▶ **What to work on**: Go through the data below and return each line containing the word "null".

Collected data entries
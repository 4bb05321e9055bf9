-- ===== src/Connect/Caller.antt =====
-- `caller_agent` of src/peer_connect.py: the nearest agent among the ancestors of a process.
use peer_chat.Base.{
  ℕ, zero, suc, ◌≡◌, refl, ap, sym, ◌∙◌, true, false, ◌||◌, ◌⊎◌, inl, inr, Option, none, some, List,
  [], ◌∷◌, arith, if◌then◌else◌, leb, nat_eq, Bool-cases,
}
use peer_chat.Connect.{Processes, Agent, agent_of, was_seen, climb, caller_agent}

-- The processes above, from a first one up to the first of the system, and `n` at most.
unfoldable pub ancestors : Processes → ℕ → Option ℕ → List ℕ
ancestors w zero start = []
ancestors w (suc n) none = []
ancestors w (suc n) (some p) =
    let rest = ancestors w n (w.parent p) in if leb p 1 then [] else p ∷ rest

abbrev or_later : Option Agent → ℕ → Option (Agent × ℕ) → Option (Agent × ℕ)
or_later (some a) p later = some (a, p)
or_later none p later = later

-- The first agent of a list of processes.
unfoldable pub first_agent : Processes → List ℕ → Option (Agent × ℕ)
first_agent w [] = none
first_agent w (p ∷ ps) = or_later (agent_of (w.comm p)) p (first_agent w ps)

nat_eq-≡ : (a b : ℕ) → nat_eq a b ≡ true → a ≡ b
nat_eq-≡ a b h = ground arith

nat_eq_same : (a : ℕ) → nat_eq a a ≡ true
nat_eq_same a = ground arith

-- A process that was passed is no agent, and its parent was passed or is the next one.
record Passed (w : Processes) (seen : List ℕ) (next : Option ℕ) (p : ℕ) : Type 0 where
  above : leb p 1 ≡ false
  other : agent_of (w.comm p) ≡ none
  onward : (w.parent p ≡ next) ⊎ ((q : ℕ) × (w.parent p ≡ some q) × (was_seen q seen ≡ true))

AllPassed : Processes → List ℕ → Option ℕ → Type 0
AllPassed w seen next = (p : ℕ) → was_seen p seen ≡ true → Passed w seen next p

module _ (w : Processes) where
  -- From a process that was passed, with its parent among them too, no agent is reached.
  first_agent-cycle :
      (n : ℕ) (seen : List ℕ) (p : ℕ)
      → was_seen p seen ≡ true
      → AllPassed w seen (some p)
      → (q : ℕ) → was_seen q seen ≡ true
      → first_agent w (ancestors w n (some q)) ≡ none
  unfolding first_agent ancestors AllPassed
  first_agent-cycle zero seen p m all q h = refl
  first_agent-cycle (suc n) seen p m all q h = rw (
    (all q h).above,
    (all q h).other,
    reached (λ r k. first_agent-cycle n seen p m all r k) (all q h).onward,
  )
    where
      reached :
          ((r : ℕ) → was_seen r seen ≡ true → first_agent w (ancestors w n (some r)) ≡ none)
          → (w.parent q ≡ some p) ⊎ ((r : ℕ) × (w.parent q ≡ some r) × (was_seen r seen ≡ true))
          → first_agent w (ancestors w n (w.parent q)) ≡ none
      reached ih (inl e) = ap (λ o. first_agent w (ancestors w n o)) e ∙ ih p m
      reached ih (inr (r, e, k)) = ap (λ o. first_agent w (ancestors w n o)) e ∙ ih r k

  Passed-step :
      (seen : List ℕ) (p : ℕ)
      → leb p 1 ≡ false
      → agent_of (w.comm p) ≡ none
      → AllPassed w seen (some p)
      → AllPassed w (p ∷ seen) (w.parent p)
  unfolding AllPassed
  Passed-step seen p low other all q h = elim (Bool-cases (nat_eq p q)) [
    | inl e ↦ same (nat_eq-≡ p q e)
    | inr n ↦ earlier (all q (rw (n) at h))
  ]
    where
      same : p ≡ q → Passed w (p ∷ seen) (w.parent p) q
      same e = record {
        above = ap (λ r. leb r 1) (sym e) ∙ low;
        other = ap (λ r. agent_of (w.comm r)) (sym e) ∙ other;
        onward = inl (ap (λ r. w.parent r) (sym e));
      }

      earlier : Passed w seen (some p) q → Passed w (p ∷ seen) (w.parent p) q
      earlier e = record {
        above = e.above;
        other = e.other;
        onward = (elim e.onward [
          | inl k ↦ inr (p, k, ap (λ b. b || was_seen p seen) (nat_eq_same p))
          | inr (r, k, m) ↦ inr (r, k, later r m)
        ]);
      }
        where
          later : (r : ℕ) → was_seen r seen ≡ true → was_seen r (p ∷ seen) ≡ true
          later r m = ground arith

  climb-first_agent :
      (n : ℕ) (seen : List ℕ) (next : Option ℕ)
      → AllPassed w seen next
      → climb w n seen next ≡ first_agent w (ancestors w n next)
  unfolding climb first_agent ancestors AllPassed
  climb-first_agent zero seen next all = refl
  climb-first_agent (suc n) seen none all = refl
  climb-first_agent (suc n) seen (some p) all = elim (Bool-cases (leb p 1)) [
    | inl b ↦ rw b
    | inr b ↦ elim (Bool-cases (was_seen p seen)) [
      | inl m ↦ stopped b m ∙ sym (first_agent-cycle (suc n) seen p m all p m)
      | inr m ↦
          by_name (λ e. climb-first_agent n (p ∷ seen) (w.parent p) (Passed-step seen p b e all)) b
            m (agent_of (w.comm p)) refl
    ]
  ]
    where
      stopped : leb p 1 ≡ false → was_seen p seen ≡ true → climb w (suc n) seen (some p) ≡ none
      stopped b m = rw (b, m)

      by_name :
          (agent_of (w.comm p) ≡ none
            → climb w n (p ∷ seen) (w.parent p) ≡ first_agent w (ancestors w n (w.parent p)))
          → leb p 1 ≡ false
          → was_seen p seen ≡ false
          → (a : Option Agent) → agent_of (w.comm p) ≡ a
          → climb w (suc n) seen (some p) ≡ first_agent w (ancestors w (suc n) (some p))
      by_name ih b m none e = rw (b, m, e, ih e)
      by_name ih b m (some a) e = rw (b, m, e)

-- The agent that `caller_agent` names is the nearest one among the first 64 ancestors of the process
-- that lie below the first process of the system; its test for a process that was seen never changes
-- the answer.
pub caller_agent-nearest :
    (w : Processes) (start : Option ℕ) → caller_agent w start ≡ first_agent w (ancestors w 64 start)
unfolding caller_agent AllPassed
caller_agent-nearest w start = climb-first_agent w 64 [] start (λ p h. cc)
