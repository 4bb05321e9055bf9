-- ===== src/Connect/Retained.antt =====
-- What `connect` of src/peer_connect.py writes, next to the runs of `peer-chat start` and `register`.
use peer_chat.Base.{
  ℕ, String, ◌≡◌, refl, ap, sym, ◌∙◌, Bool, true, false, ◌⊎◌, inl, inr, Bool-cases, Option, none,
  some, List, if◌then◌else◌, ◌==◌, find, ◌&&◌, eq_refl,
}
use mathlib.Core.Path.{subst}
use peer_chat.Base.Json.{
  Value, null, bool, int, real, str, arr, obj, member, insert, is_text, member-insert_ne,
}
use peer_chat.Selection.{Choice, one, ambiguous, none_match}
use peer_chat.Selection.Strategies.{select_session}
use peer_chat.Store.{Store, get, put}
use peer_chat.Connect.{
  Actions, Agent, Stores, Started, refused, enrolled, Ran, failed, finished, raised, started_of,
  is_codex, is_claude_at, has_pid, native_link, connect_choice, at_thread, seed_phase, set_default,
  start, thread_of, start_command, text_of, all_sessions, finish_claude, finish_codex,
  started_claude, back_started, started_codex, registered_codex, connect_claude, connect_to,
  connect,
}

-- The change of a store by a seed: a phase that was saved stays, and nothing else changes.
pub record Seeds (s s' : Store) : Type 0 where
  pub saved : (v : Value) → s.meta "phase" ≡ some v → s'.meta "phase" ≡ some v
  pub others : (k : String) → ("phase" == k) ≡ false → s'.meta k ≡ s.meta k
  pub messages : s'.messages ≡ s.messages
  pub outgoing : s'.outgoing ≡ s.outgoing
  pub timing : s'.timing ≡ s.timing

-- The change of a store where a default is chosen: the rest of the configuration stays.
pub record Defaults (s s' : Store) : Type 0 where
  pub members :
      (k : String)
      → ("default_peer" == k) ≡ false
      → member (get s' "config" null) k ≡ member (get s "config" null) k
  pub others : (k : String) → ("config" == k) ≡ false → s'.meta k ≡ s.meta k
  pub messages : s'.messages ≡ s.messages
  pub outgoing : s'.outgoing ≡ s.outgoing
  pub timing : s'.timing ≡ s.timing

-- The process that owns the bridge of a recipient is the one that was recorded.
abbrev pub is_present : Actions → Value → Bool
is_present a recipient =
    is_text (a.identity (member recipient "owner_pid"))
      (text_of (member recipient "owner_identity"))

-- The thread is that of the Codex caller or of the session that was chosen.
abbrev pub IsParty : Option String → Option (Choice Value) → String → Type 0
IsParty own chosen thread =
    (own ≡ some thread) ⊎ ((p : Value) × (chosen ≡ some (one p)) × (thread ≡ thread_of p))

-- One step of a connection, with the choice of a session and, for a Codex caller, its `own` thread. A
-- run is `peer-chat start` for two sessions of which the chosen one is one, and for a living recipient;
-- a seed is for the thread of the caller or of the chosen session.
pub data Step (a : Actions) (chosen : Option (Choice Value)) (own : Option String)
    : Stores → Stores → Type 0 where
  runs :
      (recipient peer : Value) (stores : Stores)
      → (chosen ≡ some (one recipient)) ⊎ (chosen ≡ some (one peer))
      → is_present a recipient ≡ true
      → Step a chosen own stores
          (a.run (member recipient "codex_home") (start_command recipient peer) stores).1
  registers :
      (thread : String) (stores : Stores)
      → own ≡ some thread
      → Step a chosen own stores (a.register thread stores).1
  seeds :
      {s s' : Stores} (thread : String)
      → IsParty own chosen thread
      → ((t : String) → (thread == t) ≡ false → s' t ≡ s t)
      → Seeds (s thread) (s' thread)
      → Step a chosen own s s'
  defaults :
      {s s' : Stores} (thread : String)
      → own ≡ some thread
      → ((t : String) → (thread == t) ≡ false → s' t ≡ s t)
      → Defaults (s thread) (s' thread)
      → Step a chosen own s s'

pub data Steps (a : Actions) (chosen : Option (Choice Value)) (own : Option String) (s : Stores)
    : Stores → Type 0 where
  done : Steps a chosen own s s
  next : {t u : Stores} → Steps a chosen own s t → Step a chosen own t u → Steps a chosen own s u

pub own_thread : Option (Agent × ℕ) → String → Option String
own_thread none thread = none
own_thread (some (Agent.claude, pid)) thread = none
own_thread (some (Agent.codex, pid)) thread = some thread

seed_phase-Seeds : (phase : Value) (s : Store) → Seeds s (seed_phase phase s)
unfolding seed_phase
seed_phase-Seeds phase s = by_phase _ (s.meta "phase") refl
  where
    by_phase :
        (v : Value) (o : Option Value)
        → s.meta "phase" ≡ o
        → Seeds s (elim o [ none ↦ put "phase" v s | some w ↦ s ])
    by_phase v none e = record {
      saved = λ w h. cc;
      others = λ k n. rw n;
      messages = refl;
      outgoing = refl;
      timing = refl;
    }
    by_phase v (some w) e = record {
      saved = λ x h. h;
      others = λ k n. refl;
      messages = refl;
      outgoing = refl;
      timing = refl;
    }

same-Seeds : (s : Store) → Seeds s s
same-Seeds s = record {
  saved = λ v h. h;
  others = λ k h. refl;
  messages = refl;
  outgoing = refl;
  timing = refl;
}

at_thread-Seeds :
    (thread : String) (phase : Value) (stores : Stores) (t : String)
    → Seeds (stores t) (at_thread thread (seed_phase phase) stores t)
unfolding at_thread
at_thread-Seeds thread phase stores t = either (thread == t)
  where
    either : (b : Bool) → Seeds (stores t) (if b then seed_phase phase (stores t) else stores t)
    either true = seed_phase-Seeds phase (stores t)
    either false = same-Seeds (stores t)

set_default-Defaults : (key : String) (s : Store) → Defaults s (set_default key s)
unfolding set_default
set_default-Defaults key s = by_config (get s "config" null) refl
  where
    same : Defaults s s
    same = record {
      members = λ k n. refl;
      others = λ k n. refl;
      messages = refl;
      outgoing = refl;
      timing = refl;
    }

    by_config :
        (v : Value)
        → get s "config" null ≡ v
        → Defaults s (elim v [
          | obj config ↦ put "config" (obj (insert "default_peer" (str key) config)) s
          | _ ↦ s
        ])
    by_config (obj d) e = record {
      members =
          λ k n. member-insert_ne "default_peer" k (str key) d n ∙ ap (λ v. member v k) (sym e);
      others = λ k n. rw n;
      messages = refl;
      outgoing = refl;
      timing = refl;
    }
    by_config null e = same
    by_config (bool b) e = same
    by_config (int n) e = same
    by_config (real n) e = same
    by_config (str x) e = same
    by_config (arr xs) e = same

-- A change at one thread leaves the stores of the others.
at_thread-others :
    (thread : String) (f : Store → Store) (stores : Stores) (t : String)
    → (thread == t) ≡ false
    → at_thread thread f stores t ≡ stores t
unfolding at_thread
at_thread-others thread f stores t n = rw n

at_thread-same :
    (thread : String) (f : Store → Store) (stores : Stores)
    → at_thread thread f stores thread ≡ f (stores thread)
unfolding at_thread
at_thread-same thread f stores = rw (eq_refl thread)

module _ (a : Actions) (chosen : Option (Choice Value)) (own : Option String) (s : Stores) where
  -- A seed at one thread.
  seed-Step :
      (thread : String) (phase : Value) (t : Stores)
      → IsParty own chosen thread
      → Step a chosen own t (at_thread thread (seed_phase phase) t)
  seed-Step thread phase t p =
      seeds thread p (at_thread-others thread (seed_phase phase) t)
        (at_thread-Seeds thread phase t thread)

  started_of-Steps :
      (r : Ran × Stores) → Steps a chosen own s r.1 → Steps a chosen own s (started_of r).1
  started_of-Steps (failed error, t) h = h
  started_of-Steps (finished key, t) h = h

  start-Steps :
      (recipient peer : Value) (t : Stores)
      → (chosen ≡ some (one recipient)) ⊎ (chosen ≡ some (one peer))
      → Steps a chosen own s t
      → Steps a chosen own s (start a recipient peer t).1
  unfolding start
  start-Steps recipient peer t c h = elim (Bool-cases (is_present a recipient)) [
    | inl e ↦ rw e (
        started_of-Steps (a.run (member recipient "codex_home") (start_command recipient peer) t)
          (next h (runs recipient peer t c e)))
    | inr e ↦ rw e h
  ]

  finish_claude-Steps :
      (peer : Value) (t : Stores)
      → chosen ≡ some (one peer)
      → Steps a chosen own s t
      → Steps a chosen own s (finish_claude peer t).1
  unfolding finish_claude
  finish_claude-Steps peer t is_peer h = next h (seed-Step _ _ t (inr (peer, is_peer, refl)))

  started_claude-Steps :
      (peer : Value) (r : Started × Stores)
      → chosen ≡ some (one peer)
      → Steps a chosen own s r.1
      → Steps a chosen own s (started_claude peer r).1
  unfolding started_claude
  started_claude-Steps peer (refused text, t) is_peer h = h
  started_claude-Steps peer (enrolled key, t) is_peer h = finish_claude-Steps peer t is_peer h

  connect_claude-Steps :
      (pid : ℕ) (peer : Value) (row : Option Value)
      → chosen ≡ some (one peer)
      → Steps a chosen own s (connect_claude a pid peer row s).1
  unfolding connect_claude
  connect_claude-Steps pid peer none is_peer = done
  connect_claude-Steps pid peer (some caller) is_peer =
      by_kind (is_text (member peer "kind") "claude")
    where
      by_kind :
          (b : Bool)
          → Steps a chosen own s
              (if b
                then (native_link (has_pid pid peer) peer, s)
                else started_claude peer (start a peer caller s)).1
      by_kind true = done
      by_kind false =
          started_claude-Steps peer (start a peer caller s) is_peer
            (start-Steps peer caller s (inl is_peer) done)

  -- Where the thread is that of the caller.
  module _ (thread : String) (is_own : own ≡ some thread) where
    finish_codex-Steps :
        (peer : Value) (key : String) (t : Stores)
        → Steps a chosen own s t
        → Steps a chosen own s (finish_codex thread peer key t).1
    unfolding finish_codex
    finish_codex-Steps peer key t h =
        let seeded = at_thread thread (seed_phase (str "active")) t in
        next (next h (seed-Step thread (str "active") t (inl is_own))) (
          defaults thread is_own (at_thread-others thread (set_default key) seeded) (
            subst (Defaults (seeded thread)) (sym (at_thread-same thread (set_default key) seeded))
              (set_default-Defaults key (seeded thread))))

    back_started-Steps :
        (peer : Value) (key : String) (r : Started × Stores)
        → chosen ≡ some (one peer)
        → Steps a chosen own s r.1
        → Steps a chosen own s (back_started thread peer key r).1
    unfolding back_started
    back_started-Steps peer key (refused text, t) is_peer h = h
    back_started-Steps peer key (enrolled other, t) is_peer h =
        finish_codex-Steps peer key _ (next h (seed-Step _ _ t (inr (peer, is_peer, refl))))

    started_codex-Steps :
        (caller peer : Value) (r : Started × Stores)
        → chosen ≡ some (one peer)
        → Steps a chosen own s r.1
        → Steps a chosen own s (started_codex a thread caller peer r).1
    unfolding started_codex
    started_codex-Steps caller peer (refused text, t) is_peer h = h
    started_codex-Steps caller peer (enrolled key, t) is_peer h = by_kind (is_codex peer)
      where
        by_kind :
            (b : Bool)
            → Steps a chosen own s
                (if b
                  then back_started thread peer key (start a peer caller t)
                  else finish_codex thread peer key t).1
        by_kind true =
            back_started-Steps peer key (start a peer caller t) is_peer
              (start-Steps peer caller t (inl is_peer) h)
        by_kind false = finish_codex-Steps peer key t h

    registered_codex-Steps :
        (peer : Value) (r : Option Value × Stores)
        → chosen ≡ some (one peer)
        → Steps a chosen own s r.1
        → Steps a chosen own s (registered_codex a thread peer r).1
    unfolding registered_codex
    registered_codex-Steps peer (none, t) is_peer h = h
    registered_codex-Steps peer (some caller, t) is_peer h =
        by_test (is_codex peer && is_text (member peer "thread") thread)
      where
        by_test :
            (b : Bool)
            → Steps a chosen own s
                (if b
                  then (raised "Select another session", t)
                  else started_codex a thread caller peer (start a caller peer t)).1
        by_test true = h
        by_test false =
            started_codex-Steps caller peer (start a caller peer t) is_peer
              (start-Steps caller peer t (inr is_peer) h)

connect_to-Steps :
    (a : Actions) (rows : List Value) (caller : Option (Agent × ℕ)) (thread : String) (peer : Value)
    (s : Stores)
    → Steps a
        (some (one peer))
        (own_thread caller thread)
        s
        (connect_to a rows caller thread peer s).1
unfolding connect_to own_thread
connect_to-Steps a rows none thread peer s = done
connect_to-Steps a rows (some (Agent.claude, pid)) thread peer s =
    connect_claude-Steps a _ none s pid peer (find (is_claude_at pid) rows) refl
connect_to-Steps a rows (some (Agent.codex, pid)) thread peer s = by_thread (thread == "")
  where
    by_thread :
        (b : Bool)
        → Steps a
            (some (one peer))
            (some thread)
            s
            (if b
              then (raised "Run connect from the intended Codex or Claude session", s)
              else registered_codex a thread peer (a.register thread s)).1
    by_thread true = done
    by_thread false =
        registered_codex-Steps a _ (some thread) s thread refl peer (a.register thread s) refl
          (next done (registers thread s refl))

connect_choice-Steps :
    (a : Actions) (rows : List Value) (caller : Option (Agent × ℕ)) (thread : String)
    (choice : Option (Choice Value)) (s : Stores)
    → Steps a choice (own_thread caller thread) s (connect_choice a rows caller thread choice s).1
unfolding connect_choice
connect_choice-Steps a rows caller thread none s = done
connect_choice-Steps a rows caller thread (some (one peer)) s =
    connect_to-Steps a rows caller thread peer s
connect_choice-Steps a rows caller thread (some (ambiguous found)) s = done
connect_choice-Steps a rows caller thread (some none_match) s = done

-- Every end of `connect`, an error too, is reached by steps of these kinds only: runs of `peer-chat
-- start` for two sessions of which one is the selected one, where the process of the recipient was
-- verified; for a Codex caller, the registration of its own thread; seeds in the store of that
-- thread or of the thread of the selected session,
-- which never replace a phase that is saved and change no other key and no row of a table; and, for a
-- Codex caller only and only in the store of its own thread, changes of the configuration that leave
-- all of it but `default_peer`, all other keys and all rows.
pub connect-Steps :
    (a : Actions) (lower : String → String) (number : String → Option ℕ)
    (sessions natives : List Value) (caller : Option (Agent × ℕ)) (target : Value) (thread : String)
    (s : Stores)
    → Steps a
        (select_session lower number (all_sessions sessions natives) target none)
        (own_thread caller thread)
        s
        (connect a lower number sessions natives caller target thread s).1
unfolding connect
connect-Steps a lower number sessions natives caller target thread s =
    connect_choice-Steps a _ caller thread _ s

▶ **Response box**:
  Value, null, bool, int, real, str, arr, obj, member, insert, is_text, member-insert_ne,
      → member (get s' "config" null) k ≡ member (get s "config" null) k
set_default-Defaults key s = by_config (get s "config" null) refl
        → get s "config" null ≡ v
    by_config null e = same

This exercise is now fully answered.